For each of the two analyses we included only records containing at least one claim for healthcare service. The University of Washington Human Subjects Division approved all research procedures.

We used the healthcare effectiveness data and information set (HEDIS)[37] standards as our benchmark for evaluating vaccination adherence. HEDIS criteria are stricter than the goals set forth in Healthy People 2010. HEDIS vaccination standards for 2003 required four vaccinations between ages 1 and 2 years: measles/mumps/rubella, chickenpox, diphtheria/tetanus/pertussis, and H. influenzae type B. (Although HEDIS standards exist for additional vaccinations recommended for universal pediatric use, they can be met by treatment prior to the child's first birthday—a year for which we lacked complete data.) A child met the measles/mumps/rubella standard with receipt of a vaccination for each of the three diseases, either separately or in combination, on or between the first and second birthdays. The chickenpox standard required receipt of a vaccination on or between the first and second birthdays. Diphtheria/tetanus/pertussis immunization required four vaccinations by the second birthday, with one or more vaccinations for (at least) diphtheria and tetanus occurring on or between the first and second birthdays. The H. influenzae type B standard was met with three vaccinations by the second birthday, at least one occurring on or between the first and second birthdays.

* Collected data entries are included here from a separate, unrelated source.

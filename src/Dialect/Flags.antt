-- ===== src/Dialect/Flags.antt =====
-- Render of gobackendkit/dialect on the comparisons that BoolBitEq and NotDeleted write.
use go_project.Base.{
  ℕ, ◌≡◌, refl, List, [], ◌++◌, Bool, true, false, if◌then◌else◌, arith, Bool-cases, inl, inr, ◌∙◌,
}
use go_project.Text.{codes, is_empty, Casing}
use go_project.Regexp.{exact, space, Groups, replace_matches, seq, edge, group, many}
use go_project.Regexp.Absent.{IsShort, Lacks, Lacks-append, IsShort-Lacks, Lacks-replace_matches}
use go_project.Regexp.Matching.{replace_matches_whole, find_submatch_first}
use go_project.Dialect.Patterns.{column_is, coalesce_eq0_re, coalesce_bool0_re, bool_column, plain}
use go_project.Dialect.Columns.{IsWord, flag_column, bit_digit, equals_bit, match_column}
use go_project.Dialect.Quiet.{
  IsQuiet, sql_functions_quiet, select_top_quiet, bool_inserts_quiet, bare_placeholders_quiet,
  page_and_casts_quiet, coalesces_quiet,
}
use go_project.Dialect.Render.{
  page_and_casts, bare_placeholders, bool_inserts, again, for_column, for_inner_column,
  is_pgsql_bool_column, replace_bool_comparisons, normalize_postgres_query,
}
use go_project.Dialect.Comparison.{
  equals_bool, flag_column-IsName, IsName-IsQuiet, no_equals, not_empty, IsTail, IsTail-IsQuiet,
  bit_trimmed, bool_trimmed, no_digit,
}

-- The step of replace_bool_comparisons for the value that the column is compared with.
module _ (cs : Casing) (alias name : List ℕ) (h : IsWord alias) (k : IsWord name)
    (e : is_empty name ≡ false) where
  abbrev flag : List ℕ
  flag = flag_column alias name

  compared :
      (value : Bool) (after : List ℕ)
      → replace_matches
          (column_is (bit_digit value))
          (again (column_is (bit_digit value)) (for_column cs [] after))
          (flag ++ equals_bit value)
        ≡ (if is_pgsql_bool_column cs flag then flag ++ after else flag ++ equals_bit value)
  compared value after =
      let m = match_column alias name value h k e in
      replace_matches_whole (column_is (bit_digit value)) _ (flag ++ equals_bit value) _
        (not_empty alias name (equals_bit value)) m
      ∙ rw
          (
            find_submatch_first (column_is (bit_digit value)) (flag ++ equals_bit value) [] _ m,
            again,
          )
          refl

  one_lacking :
      (f : List ℕ → Groups → List ℕ) (t : List ℕ)
      → Lacks b'=' b'1' t
      → replace_matches (column_is "1") f (flag ++ t) ≡ flag ++ t
  one_lacking f t l =
      Lacks-replace_matches b'=' b'1' edge (group 1 bool_column) (many space)
        (seq (many space) (seq (plain "1") edge)) f (flag ++ t) (omega arith)
        (Lacks-append b'=' b'1' flag t (no_equals flag (flag_column-IsName alias name h k)) l)

  zero_lacking :
      (f : List ℕ → Groups → List ℕ) (t : List ℕ)
      → Lacks b'=' b'0' t
      → replace_matches (column_is "0") f (flag ++ t) ≡ flag ++ t
  zero_lacking f t l =
      Lacks-replace_matches b'=' b'0' edge (group 1 bool_column) (many space)
        (seq (many space) (seq (plain "0") edge)) f (flag ++ t) (omega arith)
        (Lacks-append b'=' b'0' flag t (no_equals flag (flag_column-IsName alias name h k)) l)

  flag-IsQuiet : (t : List ℕ) → IsQuiet t → IsQuiet (flag ++ t)
  flag-IsQuiet t q = IsName-IsQuiet flag t (flag_column-IsName alias name h k) q

  -- What either step leaves passes the other and the two of COALESCE.
  settled :
      (t : List ℕ)
      → IsTail t
      → replace_matches coalesce_eq0_re (again coalesce_eq0_re (for_inner_column cs)) (
          replace_matches coalesce_bool0_re
            (again coalesce_bool0_re (for_column cs (codes "COALESCE(") (codes ", false)")))
            (flag ++ t))
        ≡ flag ++ t
  settled t q = coalesces_quiet cs _ _ (flag ++ t) (flag-IsQuiet t (IsTail-IsQuiet t q))

  false_flag :
      replace_bool_comparisons cs (flag ++ codes " = 0")
      ≡ (if is_pgsql_bool_column cs flag then flag ++ codes " = false" else flag ++ codes " = 0")
  unfolding replace_bool_comparisons
  false_flag =
      let pass = λ (t : List ℕ) (s : IsShort (exact b'1') 1 t).
        one_lacking (again (column_is "1") (for_column cs [] (codes " = true"))) t
          (IsShort-Lacks b'=' b'1' t s) in
      elim (Bool-cases (is_pgsql_bool_column cs flag)) [
        | inl b ↦
            rw (compared false (codes " = false"), b, pass (codes " = false") (omega arith))
              (settled (codes " = false") (refl, omega arith))
        | inr b ↦
            rw (compared false (codes " = false"), b, pass (codes " = 0") (omega arith))
              (settled (codes " = 0") (refl, omega arith))
      ]

  true_flag :
      replace_bool_comparisons cs (flag ++ codes " = 1")
      ≡ (if is_pgsql_bool_column cs flag then flag ++ codes " = true" else flag ++ codes " = 1")
  unfolding replace_bool_comparisons
  true_flag =
      let pass =
        zero_lacking (again (column_is "0") (for_column cs [] (codes " = false"))) (codes " = 1")
          (IsShort-Lacks b'=' b'0' (codes " = 1") (omega arith)) in
      elim (Bool-cases (is_pgsql_bool_column cs flag)) [
        | inl b ↦
            rw (pass, compared true (codes " = true"), b)
              (settled (codes " = true") (refl, omega arith))
        | inr b ↦
            rw (pass, compared true (codes " = true"), b)
              (settled (codes " = 1") (refl, omega arith))
      ]

  equals_bit-IsTail : (value : Bool) → IsTail (equals_bit value)
  equals_bit-IsTail true = (refl, omega arith)
  equals_bit-IsTail false = (refl, omega arith)

  equals_bool-IsTail : (value : Bool) → IsTail (equals_bool value)
  equals_bool-IsTail true = (refl, omega arith)
  equals_bool-IsTail false = (refl, omega arith)

  any_flag :
      (value : Bool)
      → replace_bool_comparisons cs (flag ++ equals_bit value) ≡ (
          if is_pgsql_bool_column cs flag
          then flag ++ equals_bool value
          else flag ++ equals_bit value)
  any_flag true = true_flag
  any_flag false = false_flag

  -- What is left to do behind the comparisons.
  passes :
      (t : List ℕ)
      → IsTail t
      → page_and_casts cs (bare_placeholders (bool_inserts cs (flag ++ t))) ≡ flag ++ t
  passes t q =
      let k = flag-IsQuiet t (IsTail-IsQuiet t q) in
      rw (bool_inserts_quiet cs (flag ++ t) k, bare_placeholders_quiet (flag ++ t) k)
        (page_and_casts_quiet cs (flag ++ t) k)

  pub normalized :
      (value : Bool)
      → normalize_postgres_query cs (flag ++ equals_bit value) ≡ (
          if is_pgsql_bool_column cs flag
          then flag ++ equals_bool value
          else flag ++ equals_bit value)
  unfolding normalize_postgres_query
  normalized value =
      let k =
        flag-IsQuiet (equals_bit value)
          (IsTail-IsQuiet (equals_bit value) (equals_bit-IsTail value)) in
      rw
        (
          bit_trimmed alias name value h,
          not_empty alias name (equals_bit value),
          select_top_quiet cs (flag ++ equals_bit value) k,
          sql_functions_quiet cs (flag ++ equals_bit value) k,
          any_flag value,
        )
        (elim (Bool-cases (is_pgsql_bool_column cs flag)) [
          | inl b ↦ rw b (passes (equals_bool value) (equals_bool-IsTail value))
          | inr b ↦ rw b (passes (equals_bit value) (equals_bit-IsTail value))
        ])

  -- A comparison with a truth value is left as it is.
  pub normalized_bool :
      (value : Bool)
      → normalize_postgres_query cs (flag ++ equals_bool value) ≡ flag ++ equals_bool value
  unfolding normalize_postgres_query replace_bool_comparisons
  normalized_bool value =
      let s = flag ++ equals_bool value in
      let k =
        flag-IsQuiet (equals_bool value)
          (IsTail-IsQuiet (equals_bool value) (equals_bool-IsTail value)) in
      rw
        (
          bool_trimmed alias name value h,
          not_empty alias name (equals_bool value),
          select_top_quiet cs s k,
          sql_functions_quiet cs s k,
          zero_lacking (again (column_is "0") (for_column cs [] (codes " = false")))
              (equals_bool value) (no_digit b'0' value refl refl),
          one_lacking (again (column_is "1") (for_column cs [] (codes " = true")))
              (equals_bool value) (no_digit b'1' value refl refl),
          settled (equals_bool value) (equals_bool-IsTail value),
        )
        (passes (equals_bool value) (equals_bool-IsTail value))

We evaluated vaccination status using codes from Current Procedural Terminology (CPT)[38] (Appendix 1).

Because of restrictions imposed by the health insurance portability and accountability act (HIPAA),[39] insurance companies provided us with only the child's year of birth, rather than the exact birth date. Lacking the ability to evaluate whether vaccinations occurred precisely "on or between the first and second birthdays," we gave credit for all vaccinations received at any time during the calendar years of first and second birthdays. Thus, we almost certainly included some vaccinations that occurred outside the HEDIS windows. We coded each of the four vaccinations as a dichotomy: 0 = not received during the 2-year period; 1 = received during the period.

Because incidence of vaccine-preventable disease in the sample was low, we used a single outcome to evaluate pediatric disease acquisition. The dichotomous outcome indicated an insurance claim showing diagnosis with any of ten diseases included in federal pediatric vaccination guidelines: diphtheria, tetanus, pertussis, polio, measles, mumps, rubella, H. influenzae type B, hepatitis B, or chickenpox. The result was a dichotomous outcome based on codes from the International Classification of Diseases (ICD-9):[40] 0 = no diagnoses during the time period, 1 = diagnosis with one or more vaccine-preventable diseases (Appendix 2).

Predictors

Six dichotomous predictors for the vaccination outcomes measured whether there were visits with each of five specific provider types (naturopathic physician, chiropractor, acupuncturist, massage therapist, or conventional care provider) and whether other members of the enrollee's family received care from a CAM provider. For analysis of disease acquisition, predictors of interest were the four variables measuring use of each CAM provider type by the pediatric enrollee and a variable measuring family use of any CAM provider during the enrollee's relevant time slice.

Covariates

We adjusted for the following covariates in multiple regression models of vaccination: insurance company, gender, birth year, insurance product type, and the enrollee's residential rural–urban-commuting-area (RUCA) code. In addition to these adjustments, we adjusted the disease acquisition model for the number of years of insurance coverage reflected in the enrollee's data record. Insurance product type had four values: preferred provider organization, point of service, health maintenance organization, and fee-for-service. The RUCA code is an ordinal variable measuring the "rural-ness" of the enrollee's place of residence: 0 (metropolitan core) to 10 (rural).[41]

Analyses

We used logistic regression models to evaluate both vaccination status and disease acquisition. Software included Microsoft Access for data management, SPSS[42] for descriptive statistics, and Stata[43] for regression models.